Showbag and contents, Sydney Royal Easter Show, licensed from the television show 'Star Trek The Next Generation', plastic / metal / paper, made by Bensons, made in Australia / China / Taiwan / Italy, 1995
Created by Gene Roddenberry, the original 'Star Trek' series lasted only three seasons, first screening on the American NBC network in August 1966 until June 1969. The first two seasons were produced by Desilu Studios and the third season was produced by Paramount. The action takes place 200 years into the future. Earth is united and prosperous, and heads up a 'Federation' of worlds which freely share technology and culture. They also try to protect planets which haven't made it into space on their own, and are frequently in conflict with their rival superpower the Klingons. To reach the stars, one needs 'warp drive', which allows faster-than-light travel. The Federation's space military (called 'Starfleet') runs large cruiser-sized ships such as the Enterprise which carry smaller ships. To get down to planets without landing these big ships, people use either shuttles or 'transporters', which convert matter into energy and then back again, allowing people and things to be 'beamed down' and then 'beamed up' again. The main weapons are 'phasers', which can be small, like personal pistols, or large, fired by the ships. There are also 'photon torpedoes' and 'quantum torpedoes'. Ships protect themselves with 'shields'.

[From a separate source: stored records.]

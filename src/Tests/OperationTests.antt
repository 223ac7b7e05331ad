-- ===== src/Tests/OperationTests.antt =====
-- Runs of operations that the other tests do not reach.
use drone_runner_aws.Base.Int.{pos}
use drone_runner_aws.Base.{ℕ, ◌*◌, [], ◌∷◌, true, false, ◌≡◌, refl}
use drone_runner_aws.Base.Result.{ok, err}
use drone_runner_aws.Base.Text.{lookup}
use drone_runner_aws.Types.{created, in_use, provisioning, empty_params}
use drone_runner_aws.Store.Instances.{failed, create_instance, delete_instance}
use drone_runner_aws.Store.Outbox.{delete_older_than}
use drone_runner_aws.Jobs.Trigger.{new_config, minute}
use drone_runner_aws.Jobs.Processor.{cleanup_old_jobs}
use drone_runner_aws.Drivers.Purger.{is_stale_free, sweep, force_delete_leaked, is_stale_busy}
use drone_runner_aws.Drivers.Tenants.{Pool, variants_for_tenant, resolve_tenant}
use drone_runner_aws.Drivers.Provision.{ProvisionParams, plan_of, filter_variants}
use drone_runner_aws.Tests.{conn_at, row, two_rows, one_job}

id_taken : create_instance (conn_at 1) (row "vm-1" created 5) two_rows ≡ err failed
unfolding create_instance
id_taken = refl

deleted : delete_instance (conn_at 1) "vm-1" two_rows ≡ ok (row "vm-2" created 10 ∷ [])
unfolding delete_instance
deleted = refl

defaults :
    new_config (record { enabled = true; window_duration = 0; lead_time = 0 })
    ≡ record { enabled = true; window_duration = 30 * minute; lead_time = 5 * minute }
unfolding new_config
defaults = refl

old_job : (cleanup_old_jobs 172806 (conn_at 172806) one_job).0 ≡ ok 1
unfolding cleanup_old_jobs delete_older_than
old_job = refl

stuck : is_stale_free 10000 "linux" 9000 [] (row "vm-1" provisioning 8000) ≡ true
unfolding is_stale_free
stuck = refl

-- The old one is destroyed and deleted, the new one stays.
swept :
    sweep
      (λ n. conn_at 1000)
      1000
      "linux"
      (λ rows. [])
      500
      500
      []
      (row "old" in_use 400 ∷ row "new" in_use 900 ∷ [])
    ≡ row "new" in_use 900 ∷ []
unfolding sweep is_stale_free is_stale_busy force_delete_leaked lookup
swept = refl

abbrev request : ProvisionParams
request = record {
  image_name = "ubuntu";
  nested_virtualization = false;
  resource_class = "";
  zones = "a" ∷ [];
  skip_cloud_vm_cleanup = false;
  account_id = "acc-1";
  stage_runtime_id = "";
  pipeline_execution_id = "";
  long_running = false;
  reservation_per_pool_timeout = 0;
}

-- A driver is a number.
abbrev single : Pool ℕ
single = record {
  max_size = pos 9;
  min_size = pos 1;
  driver = 0;
  variants =
      record {
        pool = 1;
        limit = 2;
        params = record empty_params {
          image_name = "ubuntu";
          variant_id = "u";
          machine_type = "large";
        };
      }
      ∷ [];
  tenant_drivers = [];
  account_to_tenant = [];
  tenants = [];
}

-- The variant is applied, the zones are cleared, and the variant is tried.
planned : plan_of (λ s. s) single request ≡ (
  record empty_params {
    resource_class = "";
    account_id = "acc-1";
    tenant_id = "default";
    machine_type = "large";
    variant_id = "u";
  },
  "u" ∷ [],
)
unfolding plan_of filter_variants variants_for_tenant resolve_tenant lookup
planned = refl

When the 'Star Trek' movies proved successful, the creator of the original series Gene Roddenberry was able to get 'Star Trek: The Next Generation' on the air. Avoiding networks this time, he sold the show directly into syndication. In Australia it appeared on Channel 9. It originally ran for six seasons from 1987 to 1994. It starred Patrick Stewart as Captain Jean-Luc Picard.

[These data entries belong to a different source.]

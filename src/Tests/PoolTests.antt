-- ===== src/Tests/PoolTests.antt =====
-- Runs of the scaler on a whole pool.
use drone_runner_aws.Base.{[], ◌∷◌, true, false, none, some, ◌≡◌, refl}
use drone_runner_aws.Base.Result.{ok}
use drone_runner_aws.Store.Outbox.{create_job}
use drone_runner_aws.Store.Instances.{list_instances, sort_by_started, insert_by_started}
use drone_runner_aws.Jobs.Trigger.{ScalablePool}
use drone_runner_aws.Jobs.Scaler.{ScalerConfig, Services, Tables, up_params, setup_job, InstanceKey}
use drone_runner_aws.Jobs.Scaler.Pass.{apply_delta, scale_variant, target_count}
use drone_runner_aws.Jobs.Scaler.Pools.{
  scale_pool, scale_tenants, scale_variants, scale_active_images, scale_images,
}
use drone_runner_aws.Jobs.Scaler.Whole.{scale_pool-dry}
use drone_runner_aws.Tests.{conn_at, two_rows}

abbrev dry : ScalerConfig
dry = record {
  scale_percent = 100;
  recent_usage_min_instances = 0;
  dry_run = true;
  disabled_pools = "windows" ∷ [];
}

abbrev wet : ScalerConfig
wet = record dry { dry_run = false }

-- Three instances are predicted.
abbrev services : Services
services = record {
  predict = λ pool k s e. some 3;
  recent_usage = λ pool k. none;
  active_images = λ pool tenant variant. some ("ubuntu" ∷ "" ∷ []);
  destroy = λ i rows. (true, rows);
}

abbrev linux_pool : ScalablePool
linux_pool = record { name = "linux"; driver = "google"; min_size = 2; variants = []; tenants = [] }

abbrev tables : Tables
tables = record { instances = two_rows; outbox = record { jobs = []; next_id = 0 } }

abbrev ubuntu_key : InstanceKey
ubuntu_key = record { tenant_id = "default"; variant_id = "default"; image_name = "ubuntu" }

-- Two are free, so one is missing.
abbrev scaled : Tables
scaled = record tables {
  outbox =
      (create_job (conn_at 7) (setup_job "linux" (up_params ubuntu_key none false))
        tables.outbox).1;
}

runs_dry :
    scale_pool services
      (conn_at 1)
      (λ a b c n. conn_at 7)
      dry
      (linux_pool ∷ [])
      "linux"
      1800
      3600
      tables
    ≡ ok tables
unfolding scale_pool scale_tenants scale_variants scale_active_images scale_images scale_variant
    target_count apply_delta list_instances sort_by_started insert_by_started
runs_dry = refl

scale_pool-dry_example : tables ≡ tables
scale_pool-dry_example =
    scale_pool-dry services dry (conn_at 1) (λ a b c n. conn_at 7) (linux_pool ∷ []) "linux" 1800
      3600 tables tables refl runs_dry
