-- ===== src/Tests/PredictorTests.antt =====
-- Runs of the predictor and of the tracker that records its data.
use drone_runner_aws.Base.{ℕ, ◌+◌, List, [], ◌∷◌, ◌≡◌, refl, keep, length}
use drone_runner_aws.Base.Result.{ok}
use drone_runner_aws.Types.{Instance, created, in_use, same_state, UtilizationRecord, TimeRange}
use drone_runner_aws.Store.History.{
  utilization_history_batch, sort_by_time, insert_by_time, create_record, count_in, count_groups,
  count_grouped_instances,
}
use drone_runner_aws.Predictor.{
  default_predictor_config, PredictionInput, weekday_ranges, ema_from, calculate_ema, peak,
  calculate_historical_with_decay, predict,
}
use drone_runner_aws.Predictor.Fractions.{ceiling}
use drone_runner_aws.Jobs.Tracker.{record_counts, track_utilization}
use drone_runner_aws.Jobs.Tracker.Recorded.{recorded, is_kind, track_utilization-recorded}
use drone_runner_aws.Tests.{conn_at, row}

abbrev usage : ℕ → ℕ → UtilizationRecord
usage value time = record {
  pool = "linux";
  tenant_id = "default";
  variant_id = "default";
  image_name = "ubuntu";
  in_use_instances = value;
  recorded_at = time;
}

-- The first hour of a Monday, which is the day with number 32.
abbrev monday : PredictionInput
monday = record {
  pool_name = "linux";
  tenant_id = "";
  start_timestamp = 2764800;
  end_timestamp = 2768400;
  variant_id = "default";
  image_name = "ubuntu";
}

-- On the Monday before, and on the Friday before.
abbrev usages : List UtilizationRecord
usages = usage 4 2160100 ∷ usage 6 2505700 ∷ []

predicts_six : predict (λ n. conn_at 2764000) default_predictor_config monday usages ≡ ok 6
unfolding predict calculate_ema calculate_historical_with_decay weekday_ranges ema_from peak
    utilization_history_batch sort_by_time insert_by_time ceiling
predicts_six = refl

friday : TimeRange
friday = record { start_time = 2505600; end_time = 2509200 }

abbrev fleet : List Instance
fleet = row "vm-1" in_use 10 ∷ row "vm-2" created 20 ∷ row "vm-3" in_use 30 ∷ []

counts_two : (track_utilization (λ n. conn_at 50) 50 fleet []).1 ≡ usage 2 50 ∷ []
unfolding track_utilization record_counts create_record count_grouped_instances count_groups
    count_in
counts_two = refl

track_utilization-recorded_example :
    recorded "linux" "default" "default" "ubuntu"
      (track_utilization (λ n. conn_at 50) 50 fleet usages).1
    ≡ recorded "linux" "default" "default" "ubuntu" usages
      + length (
          keep
            (is_kind "linux" "default" "default" "ubuntu")
            (keep (λ i. same_state i.state in_use) fleet))
track_utilization-recorded_example =
    track_utilization-recorded "linux" "default" "default" "ubuntu" (λ n. conn_at 50) 50 fleet
      usages (λ n. refl)
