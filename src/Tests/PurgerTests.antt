-- ===== src/Tests/PurgerTests.antt =====
-- Runs of the building, cleaning and sweeping of a manager's own pools, and of suspended instances.
use drone_runner_aws.Base.{
  ℕ, ◌+◌, String, List, [], ◌∷◌, Bool, true, false, Option, none, some, In, Distinct, ◌≡◌, ◌≢◌,
  refl, inl, inr,
}
use drone_runner_aws.Base.Text.{lookup, text-differ}
use drone_runner_aws.Base.Result.{ok}
use drone_runner_aws.Types.{Instance, created, SetupInstanceParams}
use drone_runner_aws.Store.Instances.{
  list_instances, matches_list, sort_by_started, insert_by_started, delete_instance, find_instance,
  set_row, overwrite,
}
use drone_runner_aws.Drivers.Strategy.{min_max}
use drone_runner_aws.Drivers.Purger.{ids_of}
use drone_runner_aws.Drivers.Tenanted.{destroy_by_tenant}
use drone_runner_aws.Drivers.Manager.{buckets_of}
use drone_runner_aws.Drivers.Stale.{purge_stale_instances, clean_pool, delete_each, not_retained}
use drone_runner_aws.Drivers.Stale.Spared.{is_stale, purge_stale_instances-spares}
use drone_runner_aws.Drivers.Stale.Cleared.{clean_pool-Gone}
use drone_runner_aws.Drivers.Suspend.{SleepAnswer, asleep, awake, suspend, start_instance}
use drone_runner_aws.Drivers.Suspend.Resumed.{suspend-start_instance}
use drone_runner_aws.Tests.{conn_at, row, two_rows, linux_only, one_pool, one_pool-linux}

-- The state counts the set-ups.
abbrev count_up : Option SetupInstanceParams → ℕ → Bool × ℕ
count_up params n = (true, n + 1)

abbrev labelled : String → ℕ → Instance
labelled id started = record (row id created started) { labels = ("retain", "false") ∷ [] }

abbrev old_and_new : List Instance
old_and_new = labelled "old" 10 ∷ labelled "new" 900 ∷ []

abbrev no_set_up : Option SetupInstanceParams → List Instance → Bool × List Instance
no_set_up params rows = (false, rows)

fresh : is_stale 1000 300 500 "linux" (labelled "new" 900) ≡ false
unfolding lookup
fresh = refl

purge_stale_instances-spares_example :
    In
      (labelled "new" 900)
      (purge_stale_instances
        (λ n. conn_at 1000)
        (λ ts. ts)
        "linux"
        linux_only
        no_set_up
        min_max
        1000
        300
        500
        old_and_new).1
purge_stale_instances-spares_example =
    purge_stale_instances-spares (λ n. conn_at 1000) (λ ts. ts) "linux" linux_only no_set_up min_max
      1000 300 500 old_and_new (labelled "new" 900) (λ params s m. m) distinct (inr (inl refl))
      fresh
  where
    distinct : Distinct (ids_of old_and_new)
    distinct = ((text-differ "old" "new" refl, tt), (tt, tt))

abbrev elsewhere : Instance
elsewhere = record (row "vm-3" created 30) { pool = "windows" }

cleaned :
    clean_pool
      (λ n. conn_at 100)
      (λ ts. ts)
      "linux"
      linux_only
      not_retained
      false
      true
      (labelled "vm-1" 20 ∷ elsewhere ∷ [])
    ≡ (ok tt, elsewhere ∷ [])
unfolding clean_pool delete_each list_instances sort_by_started insert_by_started buckets_of lookup
    delete_instance destroy_by_tenant
cleaned = refl

selected : matches_list "linux" (some not_retained) (labelled "vm-1" 20) ≡ true
unfolding lookup
selected = refl

clean_pool-Gone_example : "vm-3" ≢ (labelled "vm-1" 20).id
clean_pool-Gone_example =
    clean_pool-Gone (λ n. conn_at 100) (λ ts. ts) "linux" linux_only not_retained false true
      (labelled "vm-1" 20 ∷ elsewhere ∷ []) (elsewhere ∷ []) cleaned (labelled "vm-1" 20) (inl refl)
      selected refl elsewhere (inl refl)

abbrev sleeps : ℕ → Instance → SleepAnswer
sleeps n i = asleep

abbrev starts : Instance → Option String
starts i = some "10.0.0.7"

in_table : find_instance (conn_at 100) "vm-1" two_rows ≡ ok (row "vm-1" created 20)
unfolding find_instance
in_table = refl

suspend-start_instance_example :
    start_instance
      (λ n. conn_at 200)
      starts
      one_pool
      "linux"
      "vm-1"
      none
      (suspend
        (λ n. conn_at 100)
        (λ n s. s)
        sleeps
        one_pool
        "linux"
        (row "vm-1" created 20)
        two_rows).1
    ≡ (
      ok (awake "10.0.0.7" (row "vm-1" created 20)),
      set_row "vm-1" (overwrite (awake "10.0.0.7" (row "vm-1" created 20))) two_rows,
    )
suspend-start_instance_example =
    suspend-start_instance one_pool "linux" one_pool-linux (row "vm-1" created 20) two_rows
      (λ n. conn_at 100) (λ n. conn_at 200) sleeps starts "10.0.0.7" (λ n. refl) (λ n. refl)
      in_table refl refl
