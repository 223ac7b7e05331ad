-- ===== src/Tests/RequestTests.antt =====
-- Runs of a whole request.
use drone_runner_aws.Base.{[], ◌∷◌, true, false, Option, none, some, ◌≡◌, refl}
use drone_runner_aws.Base.Result.{ok}
use drone_runner_aws.Types.{
  Instance, InstanceSource, in_use, provisioning, SetupInstanceParams, empty_params,
  CapacityReservation,
}
use drone_runner_aws.Store.Instances.{
  find_and_claim, matches_claim, pick_first, comes_before, claim_row, create_instance,
}
use drone_runner_aws.Base.Text.{lookup}
use drone_runner_aws.Drivers.Tenants.{resolve_tenant, variants_for_tenant}
use drone_runner_aws.Drivers.Provision.{plan_of, filter_variants, claim_ready}
use drone_runner_aws.Drivers.Capacity.{World}
use drone_runner_aws.Drivers.Manager.{fitted, setup_instance}
use drone_runner_aws.Drivers.Request.{Served, provision}
use drone_runner_aws.Drivers.Request.Cold.{Made, provision-Made}
use drone_runner_aws.Tests.{conn_at, row, linux_only, one_pool, one_pool-linux, one_job, request}

-- The provider makes the same instance each time.
abbrev makes : SetupInstanceParams → Option CapacityReservation → Option Instance
makes params reserved = some (row "vm-9" provisioning 50)

abbrev busy_world : World
busy_world = record { instances = row "vm-1" in_use 10 ∷ []; capacities = [] }

abbrev new_one : Instance
new_one =
    fitted "runner" true "me"
      (record empty_params {
        variant_id = "default";
        tenant_id = "default";
        source = some InstanceSource.on_demand;
      })
      (row "vm-9" provisioning 50)

abbrev served : Served
served = record { instance = new_one; is_warm = false; variant = "default" }

abbrev world_after : World
world_after = record { instances = row "vm-1" in_use 10 ∷ new_one ∷ []; capacities = [] }

made_anew :
    provision one_pool "runner" "me" makes
      (λ n. conn_at 100)
      (conn_at 101)
      "linux"
      (λ s. s)
      request
      none
      busy_world
      one_job
    ≡ (ok served, (world_after, one_job))
unfolding provision plan_of filter_variants variants_for_tenant resolve_tenant lookup claim_ready
    find_and_claim matches_claim pick_first comes_before claim_row setup_instance create_instance
made_anew = refl

provision-Made_example :
    Made one_pool "runner" "me" makes
      (λ n. conn_at 100)
      (conn_at 101)
      "linux"
      (λ s. s)
      request
      linux_only
      busy_world
      new_one
      "default"
      world_after
provision-Made_example =
    provision-Made one_pool "runner" "me" makes (λ n. conn_at 100) (conn_at 101) "linux" (λ s. s)
      request linux_only busy_world one_job one_job served world_after one_pool-linux
      (λ n key. refl) made_anew refl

This showbag comes from a group of 3000 toys that was auctioned on 8 and 9 September 2002 by Goodman's at Double Bay. The toys, nearly all officially licensed merchandise from television productions, films and comic books, were accumulated in Australia by Barry Woodley since his youth. Most have their original packaging and have never been opened.
This showbag is suitable for inclusion in the proposed exhibition about television in Australians' lives. In this context it can be used to illustrate themes relating to 'Children, television and the family' and merchandising.
The showbag was made by Benson's in Melbourne in 1995. The contents were made in Australia, China, Taiwan and Italy in 1995.
The showbag and its contents came from a collection of over 3000 toys accumulated by Barry Woodley of Sydney between 1980 and 2002. Woodley began collecting seriously at the age of 17. He was consistent in his approach, collecting only toy vehicles and robots licensed from television, film and other media such as comic books, that were in mint condition and in their original packaging. Woodley collected for his own pleasure and did not open the toys or play with them. The showbag and its contents were sold with the rest of the Woodley collection by Goodman's auctioneers in 2002.